→ **Work instructions**: Between the line containing "let (at, is) = (grab_iff named" and the line containing "(slot_other (hash s" lies a run of lines; give that run again exactly, with both of those lines, and nothing else from the entries below.

→ **Materials provided**:

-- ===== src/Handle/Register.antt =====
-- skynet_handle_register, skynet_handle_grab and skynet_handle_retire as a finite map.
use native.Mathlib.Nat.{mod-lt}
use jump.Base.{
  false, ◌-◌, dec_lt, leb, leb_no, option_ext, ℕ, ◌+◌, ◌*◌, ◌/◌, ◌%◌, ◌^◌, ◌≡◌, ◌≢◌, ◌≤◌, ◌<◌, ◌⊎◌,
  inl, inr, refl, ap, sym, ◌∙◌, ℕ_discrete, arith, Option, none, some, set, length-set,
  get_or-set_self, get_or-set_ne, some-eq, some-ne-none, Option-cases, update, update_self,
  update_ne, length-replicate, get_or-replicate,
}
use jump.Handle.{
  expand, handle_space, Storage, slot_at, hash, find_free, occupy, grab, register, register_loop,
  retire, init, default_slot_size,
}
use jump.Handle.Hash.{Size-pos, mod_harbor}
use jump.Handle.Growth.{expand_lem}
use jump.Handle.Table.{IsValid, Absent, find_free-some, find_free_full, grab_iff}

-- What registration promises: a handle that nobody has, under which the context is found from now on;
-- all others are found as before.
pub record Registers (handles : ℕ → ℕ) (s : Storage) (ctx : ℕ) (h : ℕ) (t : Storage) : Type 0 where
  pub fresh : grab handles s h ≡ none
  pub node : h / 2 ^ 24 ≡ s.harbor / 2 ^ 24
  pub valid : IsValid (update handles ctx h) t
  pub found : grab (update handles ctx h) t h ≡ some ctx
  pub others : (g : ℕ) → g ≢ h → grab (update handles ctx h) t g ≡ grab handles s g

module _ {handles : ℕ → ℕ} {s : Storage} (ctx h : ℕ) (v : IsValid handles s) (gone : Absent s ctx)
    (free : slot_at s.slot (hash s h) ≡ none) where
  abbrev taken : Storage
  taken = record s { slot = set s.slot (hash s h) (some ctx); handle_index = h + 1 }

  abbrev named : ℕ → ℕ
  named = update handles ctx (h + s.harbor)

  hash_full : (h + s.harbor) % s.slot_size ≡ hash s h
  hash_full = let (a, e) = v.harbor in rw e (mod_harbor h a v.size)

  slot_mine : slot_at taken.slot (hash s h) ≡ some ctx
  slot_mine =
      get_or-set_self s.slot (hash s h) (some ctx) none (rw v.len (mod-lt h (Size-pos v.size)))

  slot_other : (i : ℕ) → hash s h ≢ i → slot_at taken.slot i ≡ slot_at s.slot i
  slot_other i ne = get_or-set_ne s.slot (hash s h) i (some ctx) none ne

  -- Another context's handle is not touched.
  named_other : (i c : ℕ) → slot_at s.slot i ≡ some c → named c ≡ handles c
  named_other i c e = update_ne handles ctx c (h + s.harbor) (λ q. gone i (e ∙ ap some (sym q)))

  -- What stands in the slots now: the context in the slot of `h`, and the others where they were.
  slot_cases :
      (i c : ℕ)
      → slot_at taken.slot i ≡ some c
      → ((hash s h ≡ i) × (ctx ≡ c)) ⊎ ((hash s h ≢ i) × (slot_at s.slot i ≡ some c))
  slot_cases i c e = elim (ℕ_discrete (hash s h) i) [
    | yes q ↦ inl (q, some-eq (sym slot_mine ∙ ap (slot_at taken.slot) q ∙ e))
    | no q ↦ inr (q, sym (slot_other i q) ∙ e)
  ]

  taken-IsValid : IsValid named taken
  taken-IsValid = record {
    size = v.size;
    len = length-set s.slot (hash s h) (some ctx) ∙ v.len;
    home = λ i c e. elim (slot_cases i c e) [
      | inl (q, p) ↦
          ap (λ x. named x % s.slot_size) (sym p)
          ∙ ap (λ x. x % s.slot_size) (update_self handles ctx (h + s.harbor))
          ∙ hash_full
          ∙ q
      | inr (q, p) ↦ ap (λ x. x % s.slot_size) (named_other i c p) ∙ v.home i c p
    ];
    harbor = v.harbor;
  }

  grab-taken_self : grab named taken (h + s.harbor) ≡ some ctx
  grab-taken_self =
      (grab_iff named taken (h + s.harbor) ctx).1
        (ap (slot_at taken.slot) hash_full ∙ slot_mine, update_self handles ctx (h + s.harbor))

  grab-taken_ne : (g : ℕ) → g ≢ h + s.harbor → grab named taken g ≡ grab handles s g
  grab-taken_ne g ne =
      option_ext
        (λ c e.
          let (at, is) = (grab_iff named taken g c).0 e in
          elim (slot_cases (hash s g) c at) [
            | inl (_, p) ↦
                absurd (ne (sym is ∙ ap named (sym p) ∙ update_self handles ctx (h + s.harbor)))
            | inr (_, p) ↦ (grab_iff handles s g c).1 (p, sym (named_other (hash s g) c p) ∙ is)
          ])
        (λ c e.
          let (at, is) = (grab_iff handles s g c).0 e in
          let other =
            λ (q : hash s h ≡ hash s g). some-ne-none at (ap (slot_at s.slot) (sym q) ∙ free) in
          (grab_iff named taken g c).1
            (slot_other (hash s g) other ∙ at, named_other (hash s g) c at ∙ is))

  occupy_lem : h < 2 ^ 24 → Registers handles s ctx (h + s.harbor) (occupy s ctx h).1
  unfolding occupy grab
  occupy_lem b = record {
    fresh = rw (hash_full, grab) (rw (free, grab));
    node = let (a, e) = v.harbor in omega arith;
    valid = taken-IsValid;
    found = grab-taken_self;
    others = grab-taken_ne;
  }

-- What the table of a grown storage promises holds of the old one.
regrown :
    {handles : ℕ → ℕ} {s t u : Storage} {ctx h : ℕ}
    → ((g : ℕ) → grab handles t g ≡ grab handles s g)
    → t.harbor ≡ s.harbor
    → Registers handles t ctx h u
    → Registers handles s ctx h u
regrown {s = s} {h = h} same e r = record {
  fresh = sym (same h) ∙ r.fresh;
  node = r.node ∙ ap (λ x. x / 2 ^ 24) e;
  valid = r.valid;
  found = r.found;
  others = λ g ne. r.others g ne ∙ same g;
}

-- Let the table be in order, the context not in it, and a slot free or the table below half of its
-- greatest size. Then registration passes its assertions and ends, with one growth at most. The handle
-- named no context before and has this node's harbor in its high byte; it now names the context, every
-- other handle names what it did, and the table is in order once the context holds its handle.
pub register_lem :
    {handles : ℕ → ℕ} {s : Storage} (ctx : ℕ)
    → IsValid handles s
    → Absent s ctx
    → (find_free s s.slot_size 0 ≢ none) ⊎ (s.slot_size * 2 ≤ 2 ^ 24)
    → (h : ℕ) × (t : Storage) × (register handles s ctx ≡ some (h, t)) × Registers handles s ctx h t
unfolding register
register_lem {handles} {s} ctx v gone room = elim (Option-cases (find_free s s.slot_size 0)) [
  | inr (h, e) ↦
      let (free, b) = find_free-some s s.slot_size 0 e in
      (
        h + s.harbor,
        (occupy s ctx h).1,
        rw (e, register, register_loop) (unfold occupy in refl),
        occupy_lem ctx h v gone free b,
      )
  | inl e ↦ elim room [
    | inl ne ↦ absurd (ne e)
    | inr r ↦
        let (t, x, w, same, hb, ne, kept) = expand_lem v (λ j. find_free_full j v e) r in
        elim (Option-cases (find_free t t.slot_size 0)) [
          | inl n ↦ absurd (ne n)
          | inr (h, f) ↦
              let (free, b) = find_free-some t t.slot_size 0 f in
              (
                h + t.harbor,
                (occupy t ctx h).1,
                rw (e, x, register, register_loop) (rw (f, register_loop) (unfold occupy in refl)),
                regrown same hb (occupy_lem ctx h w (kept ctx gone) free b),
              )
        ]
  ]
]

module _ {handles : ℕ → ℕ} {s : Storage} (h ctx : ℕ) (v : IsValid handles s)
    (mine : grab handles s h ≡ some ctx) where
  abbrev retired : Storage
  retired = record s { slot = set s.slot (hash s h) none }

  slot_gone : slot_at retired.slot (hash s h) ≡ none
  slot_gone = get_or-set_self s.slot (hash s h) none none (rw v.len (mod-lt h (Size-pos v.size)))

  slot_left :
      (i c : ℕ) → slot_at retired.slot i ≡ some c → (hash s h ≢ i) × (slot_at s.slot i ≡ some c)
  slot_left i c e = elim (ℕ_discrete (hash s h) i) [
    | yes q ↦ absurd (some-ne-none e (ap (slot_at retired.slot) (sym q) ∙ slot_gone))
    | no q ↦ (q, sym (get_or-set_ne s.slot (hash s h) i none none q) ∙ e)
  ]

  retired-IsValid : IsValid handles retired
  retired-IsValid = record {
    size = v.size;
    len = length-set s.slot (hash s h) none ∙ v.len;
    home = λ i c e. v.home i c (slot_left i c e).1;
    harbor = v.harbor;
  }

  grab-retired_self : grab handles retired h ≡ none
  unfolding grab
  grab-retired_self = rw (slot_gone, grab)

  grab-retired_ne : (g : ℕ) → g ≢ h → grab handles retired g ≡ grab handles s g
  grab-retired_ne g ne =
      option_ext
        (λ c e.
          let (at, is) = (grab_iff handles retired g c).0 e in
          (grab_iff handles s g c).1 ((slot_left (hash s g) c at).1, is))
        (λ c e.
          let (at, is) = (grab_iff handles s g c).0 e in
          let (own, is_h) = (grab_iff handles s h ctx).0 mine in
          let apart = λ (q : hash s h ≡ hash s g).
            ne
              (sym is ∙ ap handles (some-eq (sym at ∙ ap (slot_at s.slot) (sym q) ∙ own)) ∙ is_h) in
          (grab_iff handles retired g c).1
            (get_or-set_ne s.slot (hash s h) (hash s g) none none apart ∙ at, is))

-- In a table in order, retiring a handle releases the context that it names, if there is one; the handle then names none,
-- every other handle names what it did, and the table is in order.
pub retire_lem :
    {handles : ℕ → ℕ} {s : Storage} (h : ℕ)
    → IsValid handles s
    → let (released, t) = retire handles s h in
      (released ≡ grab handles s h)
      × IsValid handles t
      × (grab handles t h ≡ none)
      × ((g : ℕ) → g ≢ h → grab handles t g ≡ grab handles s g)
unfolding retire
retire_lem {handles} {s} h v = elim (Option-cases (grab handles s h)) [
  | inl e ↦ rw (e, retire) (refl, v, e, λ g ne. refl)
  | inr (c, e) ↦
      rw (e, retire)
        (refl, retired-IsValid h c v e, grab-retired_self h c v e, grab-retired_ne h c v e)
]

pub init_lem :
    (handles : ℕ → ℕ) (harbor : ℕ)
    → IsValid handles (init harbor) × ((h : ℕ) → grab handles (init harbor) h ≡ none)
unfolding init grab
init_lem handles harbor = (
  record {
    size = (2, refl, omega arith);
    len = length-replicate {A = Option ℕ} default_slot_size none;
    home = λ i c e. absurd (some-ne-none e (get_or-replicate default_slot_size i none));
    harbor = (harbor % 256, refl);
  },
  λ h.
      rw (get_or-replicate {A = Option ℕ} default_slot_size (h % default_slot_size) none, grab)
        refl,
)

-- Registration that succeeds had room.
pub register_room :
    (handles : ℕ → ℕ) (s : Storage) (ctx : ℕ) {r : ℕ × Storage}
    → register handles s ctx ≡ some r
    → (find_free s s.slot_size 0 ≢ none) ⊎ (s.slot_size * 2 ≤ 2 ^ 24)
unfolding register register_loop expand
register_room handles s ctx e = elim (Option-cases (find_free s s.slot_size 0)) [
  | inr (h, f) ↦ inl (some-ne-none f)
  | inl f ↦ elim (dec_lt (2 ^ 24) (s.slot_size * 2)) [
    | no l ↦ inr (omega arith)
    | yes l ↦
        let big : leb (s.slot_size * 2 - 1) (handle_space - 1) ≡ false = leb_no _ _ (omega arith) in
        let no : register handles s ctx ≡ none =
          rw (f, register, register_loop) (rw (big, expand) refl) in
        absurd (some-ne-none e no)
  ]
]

→ **Answer for this exercise**:
          let (at, is) = (grab_iff named taken g c).0 e in
          elim (slot_cases (hash s g) c at) [
            | inl (_, p) ↦
                absurd (ne (sym is ∙ ap named (sym p) ∙ update_self handles ctx (h + s.harbor)))
            | inr (_, p) ↦ (grab_iff handles s g c).1 (p, sym (named_other (hash s g) c p) ∙ is)
          ])
        (λ c e.
          let (at, is) = (grab_iff handles s g c).0 e in
          let other =
            λ (q : hash s h ≡ hash s g). some-ne-none at (ap (slot_at s.slot) (sym q) ∙ free) in
          (grab_iff named taken g c).1
            (slot_other (hash s g) other ∙ at, named_other (hash s g) c at ∙ is))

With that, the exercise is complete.